TASK REQUIREMENTS →
Below are some records. Reproduce them exactly from their first line through the line with "abbrev pub scalar_text : Value → Text", inclusive.

Dataset records:

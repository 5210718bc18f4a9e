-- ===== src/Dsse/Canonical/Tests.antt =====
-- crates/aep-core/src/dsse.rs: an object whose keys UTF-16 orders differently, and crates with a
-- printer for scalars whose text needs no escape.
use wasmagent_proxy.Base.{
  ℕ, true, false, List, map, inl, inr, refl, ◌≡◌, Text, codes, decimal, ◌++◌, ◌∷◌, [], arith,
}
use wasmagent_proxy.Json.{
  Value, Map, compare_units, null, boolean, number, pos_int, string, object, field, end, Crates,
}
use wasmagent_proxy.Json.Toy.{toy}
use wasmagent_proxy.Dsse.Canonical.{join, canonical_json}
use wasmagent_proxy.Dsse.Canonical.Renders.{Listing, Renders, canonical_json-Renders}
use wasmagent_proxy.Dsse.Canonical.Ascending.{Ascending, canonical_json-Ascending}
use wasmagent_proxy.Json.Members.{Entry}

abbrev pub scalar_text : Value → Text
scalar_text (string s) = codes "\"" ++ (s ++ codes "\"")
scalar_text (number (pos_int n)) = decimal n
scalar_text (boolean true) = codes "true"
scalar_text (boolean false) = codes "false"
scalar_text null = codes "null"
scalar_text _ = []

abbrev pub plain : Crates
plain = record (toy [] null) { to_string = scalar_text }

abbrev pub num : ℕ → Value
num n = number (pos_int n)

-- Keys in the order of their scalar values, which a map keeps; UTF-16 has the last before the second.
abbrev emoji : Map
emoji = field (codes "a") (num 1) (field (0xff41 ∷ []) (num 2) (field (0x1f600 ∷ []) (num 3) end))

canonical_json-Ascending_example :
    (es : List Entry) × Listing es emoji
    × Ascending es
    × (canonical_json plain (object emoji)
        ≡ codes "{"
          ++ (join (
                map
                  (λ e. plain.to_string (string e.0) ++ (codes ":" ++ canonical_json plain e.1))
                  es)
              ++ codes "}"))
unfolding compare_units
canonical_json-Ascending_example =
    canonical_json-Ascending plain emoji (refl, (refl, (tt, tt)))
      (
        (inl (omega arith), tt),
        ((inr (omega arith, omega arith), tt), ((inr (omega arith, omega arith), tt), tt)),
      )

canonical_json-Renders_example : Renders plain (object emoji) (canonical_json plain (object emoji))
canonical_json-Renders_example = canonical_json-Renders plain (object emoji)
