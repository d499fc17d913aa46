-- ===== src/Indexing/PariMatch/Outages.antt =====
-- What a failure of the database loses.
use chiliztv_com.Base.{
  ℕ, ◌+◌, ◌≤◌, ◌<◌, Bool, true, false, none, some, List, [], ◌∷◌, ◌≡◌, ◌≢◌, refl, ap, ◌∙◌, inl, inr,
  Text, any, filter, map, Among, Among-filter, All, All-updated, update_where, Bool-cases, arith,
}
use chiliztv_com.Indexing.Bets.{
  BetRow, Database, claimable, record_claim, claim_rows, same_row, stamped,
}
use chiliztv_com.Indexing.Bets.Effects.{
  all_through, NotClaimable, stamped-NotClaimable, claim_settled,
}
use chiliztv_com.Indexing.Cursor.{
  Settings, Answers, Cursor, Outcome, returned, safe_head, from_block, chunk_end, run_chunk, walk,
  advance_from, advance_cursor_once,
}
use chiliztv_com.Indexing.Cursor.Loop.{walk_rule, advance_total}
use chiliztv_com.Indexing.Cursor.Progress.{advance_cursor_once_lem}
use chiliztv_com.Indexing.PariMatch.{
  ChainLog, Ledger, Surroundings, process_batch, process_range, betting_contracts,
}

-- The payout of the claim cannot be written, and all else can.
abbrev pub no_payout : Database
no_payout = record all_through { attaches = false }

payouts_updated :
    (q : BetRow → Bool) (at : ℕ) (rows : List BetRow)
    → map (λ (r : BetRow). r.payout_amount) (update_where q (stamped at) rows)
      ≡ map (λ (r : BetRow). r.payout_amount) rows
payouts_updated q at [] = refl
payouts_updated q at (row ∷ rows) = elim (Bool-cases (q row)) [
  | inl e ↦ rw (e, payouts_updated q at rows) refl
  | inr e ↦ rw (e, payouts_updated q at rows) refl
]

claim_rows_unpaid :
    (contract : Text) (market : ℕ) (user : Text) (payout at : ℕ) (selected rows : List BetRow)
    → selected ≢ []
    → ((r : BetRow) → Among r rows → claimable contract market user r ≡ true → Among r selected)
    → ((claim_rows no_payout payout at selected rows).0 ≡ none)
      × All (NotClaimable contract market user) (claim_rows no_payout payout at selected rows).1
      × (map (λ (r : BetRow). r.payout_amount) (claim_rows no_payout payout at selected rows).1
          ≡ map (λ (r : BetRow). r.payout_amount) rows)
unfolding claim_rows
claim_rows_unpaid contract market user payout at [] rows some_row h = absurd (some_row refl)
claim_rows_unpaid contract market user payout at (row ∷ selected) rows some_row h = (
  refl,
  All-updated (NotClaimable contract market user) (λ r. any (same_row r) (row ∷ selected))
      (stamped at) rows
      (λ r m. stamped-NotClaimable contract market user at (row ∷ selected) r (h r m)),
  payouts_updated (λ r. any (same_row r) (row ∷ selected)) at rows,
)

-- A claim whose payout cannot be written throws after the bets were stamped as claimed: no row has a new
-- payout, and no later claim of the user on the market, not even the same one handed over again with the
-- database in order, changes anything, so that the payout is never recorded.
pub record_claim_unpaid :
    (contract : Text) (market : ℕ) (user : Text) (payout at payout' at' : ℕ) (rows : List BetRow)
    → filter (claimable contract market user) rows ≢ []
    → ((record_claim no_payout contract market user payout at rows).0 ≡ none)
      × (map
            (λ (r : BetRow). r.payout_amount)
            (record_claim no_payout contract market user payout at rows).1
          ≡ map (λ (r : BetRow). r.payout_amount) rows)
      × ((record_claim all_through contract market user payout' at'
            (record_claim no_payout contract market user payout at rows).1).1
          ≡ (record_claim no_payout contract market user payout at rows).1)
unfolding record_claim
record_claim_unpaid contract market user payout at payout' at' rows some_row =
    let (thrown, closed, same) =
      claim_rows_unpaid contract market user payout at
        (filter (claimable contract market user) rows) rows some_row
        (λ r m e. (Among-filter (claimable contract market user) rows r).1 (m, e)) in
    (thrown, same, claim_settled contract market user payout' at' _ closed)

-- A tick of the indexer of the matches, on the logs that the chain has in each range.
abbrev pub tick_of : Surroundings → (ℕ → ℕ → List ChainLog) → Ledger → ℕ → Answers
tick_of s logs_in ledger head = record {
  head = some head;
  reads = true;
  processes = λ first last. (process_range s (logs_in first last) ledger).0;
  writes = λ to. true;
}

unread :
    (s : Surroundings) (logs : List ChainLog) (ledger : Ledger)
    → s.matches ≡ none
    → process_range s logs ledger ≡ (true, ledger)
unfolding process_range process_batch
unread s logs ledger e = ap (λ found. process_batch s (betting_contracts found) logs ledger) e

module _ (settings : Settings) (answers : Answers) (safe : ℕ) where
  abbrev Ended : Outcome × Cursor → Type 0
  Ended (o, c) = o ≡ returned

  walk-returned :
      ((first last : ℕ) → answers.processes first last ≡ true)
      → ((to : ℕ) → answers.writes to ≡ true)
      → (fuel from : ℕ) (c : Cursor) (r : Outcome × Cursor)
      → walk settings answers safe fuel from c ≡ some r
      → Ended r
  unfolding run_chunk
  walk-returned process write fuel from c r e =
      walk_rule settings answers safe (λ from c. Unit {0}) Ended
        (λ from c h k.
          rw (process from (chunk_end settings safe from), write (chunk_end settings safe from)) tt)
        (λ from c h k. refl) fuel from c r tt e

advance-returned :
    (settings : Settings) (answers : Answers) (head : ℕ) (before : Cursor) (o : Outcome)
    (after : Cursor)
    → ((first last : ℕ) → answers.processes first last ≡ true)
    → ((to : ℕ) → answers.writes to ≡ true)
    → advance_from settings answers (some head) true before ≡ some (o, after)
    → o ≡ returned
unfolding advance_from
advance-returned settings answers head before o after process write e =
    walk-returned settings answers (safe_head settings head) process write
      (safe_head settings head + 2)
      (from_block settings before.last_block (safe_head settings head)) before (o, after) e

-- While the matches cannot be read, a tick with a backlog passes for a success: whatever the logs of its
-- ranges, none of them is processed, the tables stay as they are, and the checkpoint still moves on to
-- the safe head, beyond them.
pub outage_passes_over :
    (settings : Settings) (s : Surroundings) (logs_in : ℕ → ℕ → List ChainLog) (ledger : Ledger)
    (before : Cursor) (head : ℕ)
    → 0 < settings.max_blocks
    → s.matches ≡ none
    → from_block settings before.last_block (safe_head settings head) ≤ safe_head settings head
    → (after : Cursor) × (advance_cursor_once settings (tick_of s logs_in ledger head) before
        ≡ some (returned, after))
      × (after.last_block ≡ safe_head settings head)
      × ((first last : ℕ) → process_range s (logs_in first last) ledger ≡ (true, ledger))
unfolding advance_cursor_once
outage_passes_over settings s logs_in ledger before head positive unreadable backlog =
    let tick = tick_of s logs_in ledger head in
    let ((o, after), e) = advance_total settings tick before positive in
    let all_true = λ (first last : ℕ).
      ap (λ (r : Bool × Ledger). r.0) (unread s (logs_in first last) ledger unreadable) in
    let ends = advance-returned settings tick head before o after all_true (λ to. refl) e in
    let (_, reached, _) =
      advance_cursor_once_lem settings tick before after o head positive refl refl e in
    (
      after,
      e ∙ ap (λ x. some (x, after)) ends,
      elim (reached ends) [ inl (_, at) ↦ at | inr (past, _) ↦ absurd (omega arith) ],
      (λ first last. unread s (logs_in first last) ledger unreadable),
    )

EXERCISE OUTPUT →
repository 5210718bc18f4a9e
-- ===== src/Dsse/Canonical/Tests.antt =====
-- crates/aep-core/src/dsse.rs: an object whose keys UTF-16 orders differently, and crates with a
-- printer for scalars whose text needs no escape.
use wasmagent_proxy.Base.{
  ℕ, true, false, List, map, inl, inr, refl, ◌≡◌, Text, codes, decimal, ◌++◌, ◌∷◌, [], arith,
}
use wasmagent_proxy.Json.{
  Value, Map, compare_units, null, boolean, number, pos_int, string, object, field, end, Crates,
}
use wasmagent_proxy.Json.Toy.{toy}
use wasmagent_proxy.Dsse.Canonical.{join, canonical_json}
use wasmagent_proxy.Dsse.Canonical.Renders.{Listing, Renders, canonical_json-Renders}
use wasmagent_proxy.Dsse.Canonical.Ascending.{Ascending, canonical_json-Ascending}
use wasmagent_proxy.Json.Members.{Entry}

abbrev pub scalar_text : Value → Text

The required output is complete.